On this September day, beside the bridge’s centerpiece bench and flagpole memorializing the Shelburne and Buckland residents who fought in the two world wars, Vermonters Susan Rosano and Lynn Green are planning a return trip. “It’s like being in the middle of an Impressionist painting,” says Green, while Rosano, a mosaic artist, studies the color combinations. At the Shelburne end of the bridge, Jackie and Dick Maciel rest on a shaded bench before their two-hour drive home to Franklin, Massachusetts, where they tend foundation plantings and a vegetable garden. A nearby box holds donations that, added to Friends of the Bridge memberships and proceeds from the plant sale and other events, fund the two employees’ salaries, plus stock, equipment, and other operating costs.
Lynda Leitner, a Shelburne resident and “blossom brigadier,” doesn’t consider her contributions to be work. “It’s an honor to do this,” she says.

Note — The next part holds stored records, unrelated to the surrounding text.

-- ===== src/Command/Message/Failure.antt =====
-- When `openclaw_message` fails.
use monitor_agent.Base.{
  ◌≡◌, ◌↔◌, arith, true, false, Option, Text, lit, is_empty, trim_space, is_some, trim_space_idem,
  ap, ◌∙◌,
}
use monitor_agent.Command.Json.{Fields, str_param}
use monitor_agent.Command.Reply.{is_empty-extract_agent_reply}
use monitor_agent.Command.Host.{Host}
use monitor_agent.Command.Cli.{parse, run_cli}
use monitor_agent.Command.Message.{message_result, exec_message, message_args, message_timeout}

module _ (h : Host) where
  open h use {State, openclaw}

  -- Of an output that was trimmed.
  message_result-failed :
      (out : Text) (err : Option Text)
      → trim_space out ≡ out
      → ((message_result h (out, err)).status ≡ 3) ↔ ((is_some err ≡ true) × (is_empty out ≡ true))
  unfolding message_result
  message_result-failed out err t =
      let e = is_empty-extract_agent_reply (parse h) out ∙ ap is_empty t in ground arith

  -- A message that is not blank fails just where the CLI returns an error and its output is blank.
  pub exec_message_failed :
      (params : Fields) (s : State)
      → is_empty (trim_space (str_param (lit "message") params)) ≡ false
      → ((exec_message h params s).0.status ≡ 3) ↔ (
          (is_some (openclaw (message_timeout h params) (message_args h params) s).0.1 ≡ true)
          × (is_empty
                (trim_space (openclaw (message_timeout h params) (message_args h params) s).0.0)
              ≡ true))
  unfolding exec_message run_cli
  exec_message_failed params s filled =
      let r = (openclaw (message_timeout h params) (message_args h params) s).0 in
      let p = message_result-failed (trim_space r.0) r.1 (trim_space_idem r.0) in rw filled p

The efforts are appreciated both by the far-flung (just two pages of the guestbook lists visitors from New York, Munich, New Mexico, Turkey, Costa Rica, and Ohio) and by locals, including a man who saw that one plant had been moved and asked DeLorenzo, “What did you do with my garden?”
Donna Gates feels a similar connection. As director and curator at the Salmon Falls Gallery, located up the hill on the Buckland side of the river, she admires the bridge during her 15-minute walk to work. “Who gets a better commute than I do?” she asks. Though she is an artist, Gates says the bridge negates any desire to be creative in soil. “Much better,” she notes, “to enjoy the beautiful garden on the bridge.”
DeLorenzo, whose home garden is a courtyard plot, agrees, her free time going to hiking, playing music, practicing massage, and, inevitably, seeing what the bridge means to others as it heads toward the century mark.
“When I come through town later in the day and see people out here, it just melts my heart to see them looking at everything,” she says, pausing at a mass of pink turtleheads that seem to nod along. “Everybody finds something to love in a garden.”